Data to use =
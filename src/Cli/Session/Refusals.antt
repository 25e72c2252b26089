-- ===== src/Cli/Session/Refusals.antt =====
-- The commands of cmd/client/main.go that come to nothing.
use genomedb.Base.{
  ◌≡◌, refl, ◌∙◌, ◌⊎◌, ℕ, Bool, true, false, Option, none, some, List, [], ◌∷◌, Bytes, All,
  Result-cases, Option-cases, inl, inr, arith,
}
use genomedb.Base.Text.{ℤ, pos_part, atoi, fields}
use genomedb.Crypto.Seal.{Disk, found, missing, unreadable}
use genomedb.Mesh.{generate_key_pair}
use genomedb.Transport.{Http, Json}
use genomedb.Client.Node.{Packages}
use genomedb.Client.Reconstruct.{reconstruct}
use genomedb.Client.Split.{split_secret}
use genomedb.Client.Backup.{backup}
use genomedb.Client.Startup.{add_mesh_peer, read_own_database_file}
use genomedb.Client.World.{Action}
use genomedb.Cli.{
  Message, usage, not_integers, cannot_read, cannot_write, cannot_make_key, unknown_command,
  nothing, help_text, triggered, healed, no_fragments, no_mesh_peers, failed, cannot_list, stored,
  reconstructed, key_pair, mesh_added, backed_up, database_backed_up, mesh_peers, status_of,
  Command, help, store, reconstruct_, simulate_attack, status, mesh_genkey, mesh_add, mesh_list,
  backup_, backup_db, heal_now_, quit, command_of, perform,
}
use genomedb.Cli.Session.{
  Here, Answered, with_file, split_file, run_store, write_out, reconstruct_to, run_reconstruct,
  run_attack, make_key, run_mesh_add, backup_contents, run_backup, backup_own, run_backup_db,
  run_heal, Round, leave, go_on, run_command, run_words, run_line, run_lines,
}

-- What is printed for a line that is wrong, for one that is empty, and for one that only asks.
abbrev pub is_refusal : Message → Bool
is_refusal usage = true
is_refusal not_integers = true
is_refusal cannot_read = true
is_refusal unknown_command = true
is_refusal nothing = true
is_refusal help_text = true
is_refusal no_fragments = true
is_refusal no_mesh_peers = true
is_refusal (cannot_list e) = true
is_refusal (mesh_peers peers) = true
is_refusal (status_of score held) = true
is_refusal cannot_write = false
is_refusal cannot_make_key = false
is_refusal triggered = false
is_refusal healed = false
is_refusal (failed e) = false
is_refusal (stored name threshold total) = false
is_refusal (reconstructed name path size) = false
is_refusal (key_pair pair) = false
is_refusal (mesh_added name endpoint) = false
is_refusal (backed_up label threshold) = false
is_refusal (database_backed_up label threshold) = false

module _ (p : Packages) (h : Http) (json : Json) (d : Disk) (base_mult : Bytes → Option Bytes)
    (base64 : Bytes → Bytes) where
  abbrev Shell : Type 0
  Shell = Here p h json d base_mult base64

  abbrev Answer : Type 0
  Answer = Answered p h json d base_mult base64

  abbrev IsQuiet : Shell → Answer → Type 0
  IsQuiet c r = is_refusal r.0 ≡ true → r.1 ≡ c

  perform-IsQuiet :
      {A : Type 0} (m : Action p h json A) (done : A → Message) (c : Shell)
      → ((a : A) → is_refusal (done a) ≡ false)
      → IsQuiet c (perform p h json d m done c)
  unfolding perform
  perform-IsQuiet m done c loud = elim (Result-cases (m c.world).0) [
    | inl (e, bad) ↦ rw (perform, bad) (λ quiet. cc)
    | inr (a, good) ↦ rw (perform, good) (λ quiet. cc (loud a))
  ]

  with_file-IsQuiet :
      (path : Bytes) (next : Bytes → Shell → Answer) (c : Shell)
      → ((contents : Bytes) → IsQuiet c (next contents c))
      → IsQuiet c (with_file p h json d base_mult base64 path next c)
  unfolding with_file
  with_file-IsQuiet path next c quiet =
      elim (d.read_file path c.disk)
        as (λ r. IsQuiet c (elim r [
          | found contents ↦ next contents c
          | missing ↦ (cannot_read, c)
          | unreadable ↦ (cannot_read, c)
        ])) [ found contents ↦ quiet contents | missing ↦ λ q. refl | unreadable ↦ λ q. refl ]

  split_file-IsQuiet :
      (name contents : Bytes) (threshold total : Option ℤ) (c : Shell)
      → IsQuiet c (split_file p h json d base_mult base64 name contents threshold total c)
  unfolding split_file
  split_file-IsQuiet name contents none total c = λ q. refl
  split_file-IsQuiet name contents (some threshold) none c = λ q. refl
  split_file-IsQuiet name contents (some threshold) (some total) c =
      perform-IsQuiet (split_secret p h json name contents (pos_part threshold) (pos_part total))
        (λ done. stored name (pos_part threshold) (pos_part total)) c (λ done. refl)

  run_store-IsQuiet :
      (args : List Bytes) (c : Shell) → IsQuiet c (run_store p h json d base_mult base64 args c)
  unfolding run_store
  run_store-IsQuiet (name ∷ path ∷ threshold ∷ total ∷ []) c =
      with_file-IsQuiet path
        (λ contents.
          split_file p h json d base_mult base64 name contents (atoi threshold) (atoi total))
        c (λ contents. split_file-IsQuiet name contents (atoi threshold) (atoi total) c)
  run_store-IsQuiet _ c = λ q. refl

  write_out-IsLoud :
      (name path contents : Bytes) (c : Shell)
      → is_refusal (write_out p h json d base_mult base64 name path contents c).0 ≡ false
  unfolding write_out
  write_out-IsLoud name path contents c = ground arith

  reconstruct_to-IsQuiet :
      (name path : Bytes) (c : Shell)
      → IsQuiet c (reconstruct_to p h json d base_mult base64 name path c)
  unfolding reconstruct_to
  reconstruct_to-IsQuiet name path c = elim (Result-cases (reconstruct p h json name c.world).0) [
    | inl (e, bad) ↦ rw (reconstruct_to, bad) (λ q. cc)
    | inr (contents, good) ↦
        rw (reconstruct_to, good) (λ q. cc (write_out-IsLoud name path contents _))
  ]

  run_reconstruct-IsQuiet :
      (args : List Bytes) (c : Shell)
      → IsQuiet c (run_reconstruct p h json d base_mult base64 args c)
  unfolding run_reconstruct
  run_reconstruct-IsQuiet (name ∷ path ∷ []) c = reconstruct_to-IsQuiet name path c
  run_reconstruct-IsQuiet _ c = λ q. refl

  make_key-IsQuiet : (c : Shell) → IsQuiet c (make_key p h json d base_mult base64 c)
  unfolding make_key
  make_key-IsQuiet c =
      elim (Option-cases (generate_key_pair p.entropy base_mult base64 c.world.node.source)) [
        | inl bad ↦ rw (make_key, bad) (λ q. refl)
        | inr ((pair, source), made) ↦ rw (make_key, made) (λ q. cc)
      ]

  run_mesh_add-IsQuiet :
      (args : List Bytes) (c : Shell) → IsQuiet c (run_mesh_add p h json d base_mult base64 args c)
  unfolding run_mesh_add
  run_mesh_add-IsQuiet (name ∷ endpoint ∷ wg_public_key ∷ []) c =
      perform-IsQuiet (add_mesh_peer p h json name endpoint wg_public_key)
        (λ done. mesh_added name endpoint) c (λ done. refl)
  run_mesh_add-IsQuiet _ c = λ q. refl

  backup_contents-IsQuiet :
      (done : Bytes → ℕ → Message) (label : Bytes) (threshold : Option ℤ) (contents : Bytes)
      → (c : Shell) → ((size : ℕ) → is_refusal (done label size) ≡ false)
      → IsQuiet c (backup_contents p h json d base_mult base64 done label threshold contents c)
  unfolding backup_contents
  backup_contents-IsQuiet done label none contents c loud = λ q. refl
  backup_contents-IsQuiet done label (some threshold) contents c loud =
      perform-IsQuiet (backup p h json label contents (pos_part threshold))
        (λ sent. done label (pos_part threshold)) c (λ sent. loud (pos_part threshold))

  run_backup-IsQuiet :
      (args : List Bytes) (c : Shell) → IsQuiet c (run_backup p h json d base_mult base64 args c)
  unfolding run_backup
  run_backup-IsQuiet (label ∷ path ∷ threshold ∷ []) c =
      with_file-IsQuiet path
        (backup_contents p h json d base_mult base64 backed_up label (atoi threshold)) c
        (λ contents.
          backup_contents-IsQuiet backed_up label (atoi threshold) contents c (λ size. refl))
  run_backup-IsQuiet _ c = λ q. refl

  backup_own-IsQuiet :
      (label : Bytes) (threshold : Option ℤ) (c : Shell)
      → IsQuiet c (backup_own p h json d base_mult base64 label threshold c)
  unfolding backup_own
  backup_own-IsQuiet label none c = λ q. refl
  backup_own-IsQuiet label (some threshold) c =
      elim (Result-cases (read_own_database_file d c.world.node c.disk)) [
        | inl (e, bad) ↦ rw (backup_own, bad) (λ q. refl)
        | inr (contents, good) ↦
            rw (backup_own, good)
              (backup_contents-IsQuiet database_backed_up label (some threshold) contents c
                (λ size. refl))
      ]

  run_backup_db-IsQuiet :
      (args : List Bytes) (c : Shell) → IsQuiet c (run_backup_db p h json d base_mult base64 args c)
  unfolding run_backup_db
  run_backup_db-IsQuiet (label ∷ threshold ∷ []) c = backup_own-IsQuiet label (atoi threshold) c
  run_backup_db-IsQuiet _ c = λ q. refl

  -- The same for a round of the loop: if it goes on with a refusal, then with the console as it was.
  abbrev Quietly : Shell → Round p h json d base_mult base64 → Type 0
  Quietly c leave = Unit
  Quietly c (go_on m c') = is_refusal m ≡ true → c' ≡ c

  run_command-Quietly :
      (command : Command) (args : List Bytes) (c : Shell)
      → Quietly c (run_command p h json d base_mult base64 command args c)
  unfolding run_command run_attack run_heal
  run_command-Quietly help args c = λ q. refl
  run_command-Quietly store args c = run_store-IsQuiet args c
  run_command-Quietly reconstruct_ args c = run_reconstruct-IsQuiet args c
  run_command-Quietly simulate_attack args c = λ q. cc
  run_command-Quietly status args c = λ q. refl
  run_command-Quietly mesh_genkey args c = make_key-IsQuiet c
  run_command-Quietly mesh_add args c = run_mesh_add-IsQuiet args c
  run_command-Quietly mesh_list args c = λ q. refl
  run_command-Quietly backup_ args c = run_backup-IsQuiet args c
  run_command-Quietly backup_db args c = run_backup_db-IsQuiet args c
  run_command-Quietly heal_now_ args c = λ q. cc
  run_command-Quietly quit args c = tt

  run_words-Quietly :
      (words : List Bytes) (c : Shell) → Quietly c (run_words p h json d base_mult base64 words c)
  unfolding run_words
  run_words-Quietly [] c = λ q. refl
  run_words-Quietly (word ∷ args) c = elim (Option-cases (command_of word)) [
    | inl unknown ↦ rw (run_words, unknown) (λ q. refl)
    | inr (command, known) ↦ rw (run_words, known) (run_command-Quietly command args c)
  ]

  Round-cases :
      (r : Round p h json d base_mult base64)
      → (r ≡ leave) ⊎ ((m : Message) × (c : Shell) × (r ≡ go_on m c))
  Round-cases leave = inl refl
  Round-cases (go_on m c) = inr (m, c, refl)

  -- A session, whatever lines it is given, whose messages are all refusals or answers to a question
  -- leaves the node, the network, the watchdog and the disk as they were.
  pub run_lines-refused :
      (lines : List Bytes) (c : Shell)
      → All (λ m. is_refusal m ≡ true) (run_lines p h json d base_mult base64 lines c).0
      → (run_lines p h json d base_mult base64 lines c).2 ≡ c
  unfolding run_lines run_line
  run_lines-refused [] c = λ quiet. refl
  run_lines-refused (line ∷ lines) c =
      elim (Round-cases (run_words p h json d base_mult base64 (fields line) c)) [
        | inl left ↦ rw (run_lines, run_line, left) (λ quiet. refl)
        | inr (m, c', goes) ↦
            rw (run_lines, run_line, goes)
              (λ quiet.
                run_lines-refused lines c' quiet.1
                ∙ (rw (goes) at (run_words-Quietly (fields line) c)) quiet.0)
      ]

Task item =
Now copy each line of the entries that mentions "healed".

Reply =
  nothing, help_text, triggered, healed, no_fragments, no_mesh_peers, failed, cannot_list, stored,
is_refusal healed = false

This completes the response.